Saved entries
* * * *
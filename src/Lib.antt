-- ===== src/Lib.antt =====
-- Parts of the bridge between chat and coding agents, modelled from their TypeScript source.
--
-- * The message queue of a workspace, src/bridge/queue-manager.ts, in Queue. Each directory has a
--   lane: a promise chain of tasks, the array of waiting tasks with its index by queue key, the
--   count of pending or executing tasks, the record of the task that occupies the lane, and the
--   interrupt credits. Queue/Types holds the state: `Lane` is what the `QueueManager` keeps for one
--   directory and `Shared` is the rest, with the task objects in a store, since the array and the
--   index share them and an edit changes them in place. Queue/Lanes holds removal, edit,
--   replacement, holds, `decrementExecutingCount` and `resetExecutingCount`; Queue/Chain holds
--   `enqueue` with `registerQueuedTask`, and the two moments of a link of the chain as steps of
--   their own: `begin_next`, when the link before has settled, with `beginQueuedTask`, and `settle`,
--   the code behind it. Queue/Cards and Queue/Updates hold the queue cards and what is sent to the
--   chat service. Queue/Step puts the calls together to a step of the whole manager and says which
--   managers are reachable. Queue/Mirror, Agreement, Armed, Runs, Edits, Admission, Begin
--   and CardLaws hold the proofs.
-- * The state of a run card, src/card/run-state.ts, in RunState. An agent's events (`AgentEvent` of
--   src/runner/types.ts, in RunState/Types) are reduced to the state that the card shows.
--   RunState/Decimal and RunState/Marks hold the marks of truncated texts (`keepTailMarked`, and
--   `keepTail` of src/common/truncate.ts), RunState/Blocks the windows, the cap and the upsert,
--   RunState/TurnDiff the snapshots of app-server items, RunState/Content assistant content and tool
--   results, RunState/Answer the final answer and the result, RunState/Jobs the background jobs,
--   RunState/Approvals the approvals, and RunState/Reduce `reduceRunState` and `finishRun`.
--   RunState/MarkLaws, Frame, Verdict, Bounds, Capped, Life, AnswerLaws, ApprovalLaws,
--   ApprovalEvents, JobLaws, JobEnd, Tools and Snapshots hold the proofs.
-- * The approvals of a run, src/bridge/approval-coordinator.ts, in Approval. Approval/Types holds the
--   state of `ApprovalCoordinator` and what it is given, Approval/Questions the answers of a request
--   with questions, Approval/Coordinator requests, decisions, `submit`, expiry and the code behind
--   the responder's `await` (`on_response`), and Approval/Answers the calls on items and questions.
--   Approval/Step puts the calls, the timers and the responder's answers together to a system with
--   the calls that are out and a record of those that were accepted, and says which systems are
--   reachable. Approval/Lives is what the coordinator promises of each request: a state and a
--   deadline, and the moves allowed. Approval/LifeLaws, CallMoves, AnswerMoves and Refinement show
--   that every call keeps to it, and Deadlines, Once, Clicks and Batch hold the other proofs. What a
--   card shows of an approval is in RunState.
-- * The saved orders, src/order/index.ts, in Orders: `OrderStore` with its file. Orders/Alias holds
--   `resolveAlias` of src/order/alias-resolve.ts and `expandAliasMessage` of src/router/index.ts,
--   which makes the aliases of the orders. Orders/Step puts the calls together; Orders/Laws, Kept and
--   AliasLaws hold the proofs.
-- * The assembly of a turn from several messages, src/inbound/turn-assembler.ts, in Inbound: what
--   `InboundTurnAssembler` holds of one user in one chat, with the types of src/inbound/turn.ts and
--   src/inbound/event.ts, in Inbound/Types, and its operations in Inbound/Assembler. A download is a
--   number and its end is a step; `flush` and the code behind its `await` are two. Inbound/Step puts
--   the calls together; Inbound/Laws and Kept hold the proofs.
-- * The JSON-RPC client of the agent servers, src/runner/common/jsonrpc/client.ts, in Rpc: Rpc/Types
--   holds the state of `JsonRpcClient` and its messages, Rpc/Client its operations with
--   `rejectAllPending` and `disposeRpcClient`, Rpc/Step puts the calls, the messages, the timers and
--   the closes of the transport together; Rpc/Counts, Once and Over hold the proofs.
-- * The stream of JSON lines that an agent writes, src/runner/common/jsonl-stream.ts, in Jsonl: the
--   handlers of `JSONLStreamState` and the generator, put together by Jsonl/Step. Jsonl/Glue, Read,
--   Whole and Live hold the proofs.
-- * The prompts that may outlive the program, src/runner/dsh/inflight.ts, in Inflight:
--   `DshInflightStore` with its file, and `reconcileInflightDshRuns` over the answers of the host.
--   Inflight/Listed and Reconciled hold the proofs.
-- * The named directories, src/workspace/index.ts, in Workspaces: `WorkspaceStore` with its file.
--   Workspaces/Recent and Kept hold the proofs.
-- * The budgets of static cards, src/card/card-budget.ts, in CardBudget: CardBudget/Nodes holds the
--   tree of a card, CardBudget/Tables the markdown tables of src/card/text-truncate.ts,
--   CardBudget/TableCap `capCardMarkdownTables`, CardBudget/Budget the stages of
--   `enforceByteBudget`, and CardBudget/Enforce `enforceCardBudget`. CardBudget/Laws, Untouched and
--   Reported hold the proofs.
-- * Pages of lists, src/router/paging.ts, src/session/common/pagination.ts and src/common/clamp.ts, in
--   Paging; Paging/Laws holds the proofs.
-- * Texts cut to a display width, src/common/text-width.ts, in Width, with the loop of Truncate;
--   Width/Laws holds the proofs.
-- * The truncation of strings, src/common/truncate.ts, in Truncate: `truncateUtf8` with `fitUtf8`, which
--   count bytes, and `truncate`, which counts UTF-16 code units, both over code points. Truncate/Laws
--   holds the proofs.
-- * The cache with a time to live, src/common/ttl-cache.ts, in Cache: its map in order of use, with
--   `get`, `set` and `clear`. Cache/Laws holds the proofs.
-- * Common passes on library names and holds lists, options, texts and insertion-ordered maps.
--
-- How values are modelled: an id is a native string; a text that is measured, cut or searched is
-- the list of its UTF-16 code units, as JavaScript counts them. A closure is a number, and running it
-- is an entry in the list of calls that an operation makes. What `Date.now()` returns is an argument.
-- An optional field is an option, and an optional list or flag that the source leaves out is empty or
-- false. A card keeps the values that are printed into it. The keys of the object that `JSON.parse`
-- reads from a tool input are a parameter, `as_record`. A payload of unknown type is the text that
-- the source makes of it.
--
-- A timer is the time at which it fires, and fires then or later. The parts of an approval view
-- that the coordinator does not read are one number; that the card holds the same view object is
-- left out. A file is what `JSON.parse` makes of it, with its keys in the order of
-- `Object.entries`; the files of the orders and of the directories are always written. The object
-- of answers is the list of its own fields, whose order is left out: a write makes a field of every
-- text but `__proto__`. A new id is an argument, and so is the success of a write that is allowed
-- to fail. Offsets and page sizes are natural numbers. A payload of JSON-RPC is a text, an error is
-- null or an object, and the transport is a flag and a list of calls; a write that breaks the pipe
-- is a write and a lost transport. The bytes that a card takes as JSON are a parameter, and of what
-- is not named in its tree the number of elements is kept. What the string decoder makes of a chunk
-- is an argument.
--
-- Bounds: at most 50 tasks wait in a lane, at most 10000 begun keys are remembered, a card holds at
-- most 24 blocks, an older text 12000 code units, thinking 4000, a plan 8000 and a tool detail
-- 3000; there are at most 50 orders of at most 200 code units, with aliases of at most 20.
-- At most 50 prompts in flight are kept, for seven days, and 10 are looked at when the program starts.
-- The budget of a card sent whole is 90 elements, 5 tables and 28000 bytes; a line of an agent's output
-- may have 10 MiB. The loop that drops panels runs on fuel, the number of the panels, which is enough.
-- The loop that looks for the number of a mark runs on fuel: 41 and twice the number of code units
-- dropped before and still there, which its totals never reach. All other loops are structural.
--
-- Not modelled: the guard of `enqueue` against a value that is no function, which the type rules out;
-- `enqueueImmediate`, which runs its closure; log lines; the display name of a directory; all but four
-- of the usage fields; the renderers of the cards, the runners, the session readers, the commands,
-- the prompt of a turn, the wording of its receipts
-- and the stripping of placeholders, the configuration and the chat connector.
pub mod Common
pub mod Queue
pub mod Rpc
pub mod RunState
pub mod Truncate
pub mod Cache
pub mod CardBudget
pub mod Approval
pub mod Orders
pub mod Paging
pub mod Width
pub mod Workspaces
pub mod Inbound
pub mod Inflight
pub mod Jsonl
* * * *
Line count for the word "cards": tally the lines of the records above that hold it and give only that figure.

EXERCISE RESULT: 3